## Problem details
Check every line of the entries below for the word "true", then give only the number of lines that have it.

## Data for this exercise

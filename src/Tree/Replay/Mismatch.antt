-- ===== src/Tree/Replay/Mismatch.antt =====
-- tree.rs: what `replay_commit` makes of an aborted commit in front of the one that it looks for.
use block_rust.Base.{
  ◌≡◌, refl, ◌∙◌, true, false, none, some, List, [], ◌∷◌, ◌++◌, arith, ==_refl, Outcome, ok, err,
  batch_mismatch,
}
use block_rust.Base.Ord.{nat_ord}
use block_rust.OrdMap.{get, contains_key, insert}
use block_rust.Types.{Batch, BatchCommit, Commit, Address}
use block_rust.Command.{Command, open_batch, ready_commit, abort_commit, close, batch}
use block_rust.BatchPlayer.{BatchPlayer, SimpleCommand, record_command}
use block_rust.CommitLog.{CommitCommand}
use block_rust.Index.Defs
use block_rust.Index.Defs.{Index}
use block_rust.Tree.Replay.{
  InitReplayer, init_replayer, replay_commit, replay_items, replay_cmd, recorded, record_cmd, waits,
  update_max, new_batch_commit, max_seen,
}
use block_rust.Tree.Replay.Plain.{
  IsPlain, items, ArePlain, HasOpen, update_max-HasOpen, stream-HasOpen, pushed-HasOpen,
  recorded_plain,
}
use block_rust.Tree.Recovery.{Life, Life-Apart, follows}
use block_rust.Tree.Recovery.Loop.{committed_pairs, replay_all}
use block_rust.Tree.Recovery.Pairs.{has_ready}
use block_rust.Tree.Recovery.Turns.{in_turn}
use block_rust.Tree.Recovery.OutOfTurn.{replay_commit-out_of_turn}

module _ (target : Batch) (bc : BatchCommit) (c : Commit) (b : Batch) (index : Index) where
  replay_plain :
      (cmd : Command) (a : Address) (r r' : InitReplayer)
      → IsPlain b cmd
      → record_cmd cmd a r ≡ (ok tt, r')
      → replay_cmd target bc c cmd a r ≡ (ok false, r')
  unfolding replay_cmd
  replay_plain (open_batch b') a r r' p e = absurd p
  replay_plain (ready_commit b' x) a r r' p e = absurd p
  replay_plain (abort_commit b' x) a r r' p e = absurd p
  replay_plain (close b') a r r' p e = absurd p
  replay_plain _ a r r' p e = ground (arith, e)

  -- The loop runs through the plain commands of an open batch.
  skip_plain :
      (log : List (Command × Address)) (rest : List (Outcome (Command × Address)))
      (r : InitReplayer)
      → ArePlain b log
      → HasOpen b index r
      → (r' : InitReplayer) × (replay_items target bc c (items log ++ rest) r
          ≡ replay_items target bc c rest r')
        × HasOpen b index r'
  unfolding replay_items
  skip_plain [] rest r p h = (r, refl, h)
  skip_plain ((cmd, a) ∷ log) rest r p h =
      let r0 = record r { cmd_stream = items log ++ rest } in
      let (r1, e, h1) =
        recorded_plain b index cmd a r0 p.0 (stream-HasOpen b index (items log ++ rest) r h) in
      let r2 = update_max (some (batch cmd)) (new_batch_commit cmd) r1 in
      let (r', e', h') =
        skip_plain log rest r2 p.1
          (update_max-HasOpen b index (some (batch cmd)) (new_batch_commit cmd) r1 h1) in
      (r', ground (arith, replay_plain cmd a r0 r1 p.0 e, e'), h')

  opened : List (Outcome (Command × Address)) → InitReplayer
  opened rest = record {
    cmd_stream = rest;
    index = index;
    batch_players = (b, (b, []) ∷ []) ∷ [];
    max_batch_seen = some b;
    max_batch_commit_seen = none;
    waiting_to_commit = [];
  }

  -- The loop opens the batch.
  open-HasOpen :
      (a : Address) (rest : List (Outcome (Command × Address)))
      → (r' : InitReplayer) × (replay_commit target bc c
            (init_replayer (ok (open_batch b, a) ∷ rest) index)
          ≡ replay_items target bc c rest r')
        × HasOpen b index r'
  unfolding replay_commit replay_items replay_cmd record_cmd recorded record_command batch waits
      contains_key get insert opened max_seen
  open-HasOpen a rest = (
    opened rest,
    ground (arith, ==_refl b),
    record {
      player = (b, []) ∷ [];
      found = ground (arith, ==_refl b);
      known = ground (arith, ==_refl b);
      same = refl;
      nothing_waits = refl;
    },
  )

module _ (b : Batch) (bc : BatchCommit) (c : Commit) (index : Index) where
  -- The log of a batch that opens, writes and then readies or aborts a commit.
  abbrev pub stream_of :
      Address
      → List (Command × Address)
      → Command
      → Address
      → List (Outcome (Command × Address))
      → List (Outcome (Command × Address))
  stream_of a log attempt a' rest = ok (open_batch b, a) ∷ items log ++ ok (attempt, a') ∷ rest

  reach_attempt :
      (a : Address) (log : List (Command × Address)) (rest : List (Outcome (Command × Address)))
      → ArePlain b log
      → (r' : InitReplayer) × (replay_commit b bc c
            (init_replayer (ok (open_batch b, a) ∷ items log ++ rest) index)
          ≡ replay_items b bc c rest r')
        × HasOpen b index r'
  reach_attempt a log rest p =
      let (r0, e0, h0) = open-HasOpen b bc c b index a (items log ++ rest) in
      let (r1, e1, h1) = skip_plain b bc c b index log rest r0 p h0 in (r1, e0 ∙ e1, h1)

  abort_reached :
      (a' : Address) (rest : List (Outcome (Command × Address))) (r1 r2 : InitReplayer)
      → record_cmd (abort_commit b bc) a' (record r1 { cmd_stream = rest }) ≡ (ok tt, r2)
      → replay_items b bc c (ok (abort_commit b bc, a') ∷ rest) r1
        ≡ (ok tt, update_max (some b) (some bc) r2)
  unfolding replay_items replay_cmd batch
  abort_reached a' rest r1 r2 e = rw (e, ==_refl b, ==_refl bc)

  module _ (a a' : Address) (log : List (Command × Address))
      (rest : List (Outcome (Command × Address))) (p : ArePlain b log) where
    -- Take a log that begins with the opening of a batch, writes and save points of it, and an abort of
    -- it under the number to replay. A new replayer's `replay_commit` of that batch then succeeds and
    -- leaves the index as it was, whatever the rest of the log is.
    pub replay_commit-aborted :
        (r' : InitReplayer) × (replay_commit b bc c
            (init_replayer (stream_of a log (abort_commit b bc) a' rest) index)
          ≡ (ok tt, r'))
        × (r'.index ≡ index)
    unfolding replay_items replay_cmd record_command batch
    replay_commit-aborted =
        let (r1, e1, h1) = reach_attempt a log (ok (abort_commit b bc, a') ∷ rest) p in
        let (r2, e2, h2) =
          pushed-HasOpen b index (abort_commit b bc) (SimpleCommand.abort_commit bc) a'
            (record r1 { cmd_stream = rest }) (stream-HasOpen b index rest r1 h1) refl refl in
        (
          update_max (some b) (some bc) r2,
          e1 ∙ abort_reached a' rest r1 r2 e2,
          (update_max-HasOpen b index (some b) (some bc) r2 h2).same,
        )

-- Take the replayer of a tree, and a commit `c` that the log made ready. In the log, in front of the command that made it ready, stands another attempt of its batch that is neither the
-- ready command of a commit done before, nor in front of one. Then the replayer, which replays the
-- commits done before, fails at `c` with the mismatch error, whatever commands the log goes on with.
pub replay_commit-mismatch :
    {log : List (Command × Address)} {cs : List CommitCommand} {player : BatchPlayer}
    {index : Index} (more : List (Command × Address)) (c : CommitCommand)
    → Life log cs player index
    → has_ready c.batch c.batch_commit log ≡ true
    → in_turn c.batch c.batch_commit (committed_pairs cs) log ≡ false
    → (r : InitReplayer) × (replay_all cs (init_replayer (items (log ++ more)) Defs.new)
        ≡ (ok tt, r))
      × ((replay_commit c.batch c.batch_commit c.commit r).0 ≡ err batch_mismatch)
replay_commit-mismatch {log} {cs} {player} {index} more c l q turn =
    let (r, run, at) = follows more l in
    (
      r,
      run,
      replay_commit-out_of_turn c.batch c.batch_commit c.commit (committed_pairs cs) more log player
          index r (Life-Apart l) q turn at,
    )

==

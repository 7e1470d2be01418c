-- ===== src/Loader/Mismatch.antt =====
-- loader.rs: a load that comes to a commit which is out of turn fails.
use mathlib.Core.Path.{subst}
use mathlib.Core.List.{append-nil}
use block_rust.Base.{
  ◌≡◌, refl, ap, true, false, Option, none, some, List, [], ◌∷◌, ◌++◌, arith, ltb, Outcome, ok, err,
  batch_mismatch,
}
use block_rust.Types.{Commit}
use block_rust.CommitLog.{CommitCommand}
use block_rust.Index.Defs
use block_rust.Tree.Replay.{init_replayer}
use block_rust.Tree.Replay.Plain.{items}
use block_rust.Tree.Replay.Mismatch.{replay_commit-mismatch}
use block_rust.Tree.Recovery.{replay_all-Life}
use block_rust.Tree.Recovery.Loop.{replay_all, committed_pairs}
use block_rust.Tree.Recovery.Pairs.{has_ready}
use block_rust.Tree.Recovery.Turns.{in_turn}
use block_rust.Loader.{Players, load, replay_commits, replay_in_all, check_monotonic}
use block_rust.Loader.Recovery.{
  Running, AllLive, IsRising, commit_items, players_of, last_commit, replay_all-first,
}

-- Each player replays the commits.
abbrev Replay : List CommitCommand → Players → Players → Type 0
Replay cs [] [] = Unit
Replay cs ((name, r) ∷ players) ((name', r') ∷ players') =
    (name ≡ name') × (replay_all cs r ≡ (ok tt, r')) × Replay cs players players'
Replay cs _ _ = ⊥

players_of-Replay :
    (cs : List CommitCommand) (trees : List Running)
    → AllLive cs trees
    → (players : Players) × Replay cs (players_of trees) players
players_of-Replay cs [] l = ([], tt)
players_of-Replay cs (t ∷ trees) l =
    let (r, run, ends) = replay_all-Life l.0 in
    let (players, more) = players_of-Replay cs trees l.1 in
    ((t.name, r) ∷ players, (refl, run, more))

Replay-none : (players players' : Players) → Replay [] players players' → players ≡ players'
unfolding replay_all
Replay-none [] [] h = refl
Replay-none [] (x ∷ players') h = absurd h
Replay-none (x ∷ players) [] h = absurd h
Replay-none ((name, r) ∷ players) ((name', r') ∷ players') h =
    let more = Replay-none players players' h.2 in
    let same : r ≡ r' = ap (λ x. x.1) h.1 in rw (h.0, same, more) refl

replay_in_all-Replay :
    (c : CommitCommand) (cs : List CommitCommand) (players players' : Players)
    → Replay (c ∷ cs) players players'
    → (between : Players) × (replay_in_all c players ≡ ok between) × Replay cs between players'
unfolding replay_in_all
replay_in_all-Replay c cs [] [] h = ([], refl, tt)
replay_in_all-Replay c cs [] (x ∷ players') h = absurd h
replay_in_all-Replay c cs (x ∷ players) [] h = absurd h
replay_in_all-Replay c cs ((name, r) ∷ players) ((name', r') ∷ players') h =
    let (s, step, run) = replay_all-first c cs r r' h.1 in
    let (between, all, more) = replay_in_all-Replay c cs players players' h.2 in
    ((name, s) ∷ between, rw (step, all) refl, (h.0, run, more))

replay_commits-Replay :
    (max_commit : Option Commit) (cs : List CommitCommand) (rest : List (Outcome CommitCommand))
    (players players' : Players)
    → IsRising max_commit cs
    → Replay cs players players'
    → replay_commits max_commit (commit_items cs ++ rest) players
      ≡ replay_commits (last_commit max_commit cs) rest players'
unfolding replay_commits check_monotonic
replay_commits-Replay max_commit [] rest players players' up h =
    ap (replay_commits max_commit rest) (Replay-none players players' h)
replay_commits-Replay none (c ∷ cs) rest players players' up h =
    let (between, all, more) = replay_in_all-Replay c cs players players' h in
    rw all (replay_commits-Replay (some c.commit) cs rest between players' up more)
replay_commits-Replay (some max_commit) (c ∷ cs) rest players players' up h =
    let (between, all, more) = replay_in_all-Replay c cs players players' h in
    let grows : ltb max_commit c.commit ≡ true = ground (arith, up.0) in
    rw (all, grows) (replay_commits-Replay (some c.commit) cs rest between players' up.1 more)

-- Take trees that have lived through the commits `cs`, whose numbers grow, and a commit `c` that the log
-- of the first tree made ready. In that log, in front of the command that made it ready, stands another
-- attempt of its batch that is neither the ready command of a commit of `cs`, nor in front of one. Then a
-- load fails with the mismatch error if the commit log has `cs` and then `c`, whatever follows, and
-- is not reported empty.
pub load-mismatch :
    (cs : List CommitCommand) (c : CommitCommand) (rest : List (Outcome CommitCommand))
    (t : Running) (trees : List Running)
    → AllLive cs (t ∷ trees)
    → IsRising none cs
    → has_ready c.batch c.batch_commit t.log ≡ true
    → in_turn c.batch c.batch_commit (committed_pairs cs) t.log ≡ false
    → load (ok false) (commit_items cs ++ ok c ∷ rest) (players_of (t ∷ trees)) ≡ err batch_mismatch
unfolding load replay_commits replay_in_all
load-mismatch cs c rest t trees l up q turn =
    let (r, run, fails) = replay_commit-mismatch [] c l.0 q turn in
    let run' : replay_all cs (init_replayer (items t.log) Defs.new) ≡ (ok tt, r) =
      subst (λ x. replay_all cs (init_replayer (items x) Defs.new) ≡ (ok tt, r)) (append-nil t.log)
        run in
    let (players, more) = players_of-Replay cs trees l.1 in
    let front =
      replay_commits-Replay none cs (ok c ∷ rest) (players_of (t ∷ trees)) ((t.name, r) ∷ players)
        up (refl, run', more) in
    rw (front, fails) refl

## Reply to the exercise
5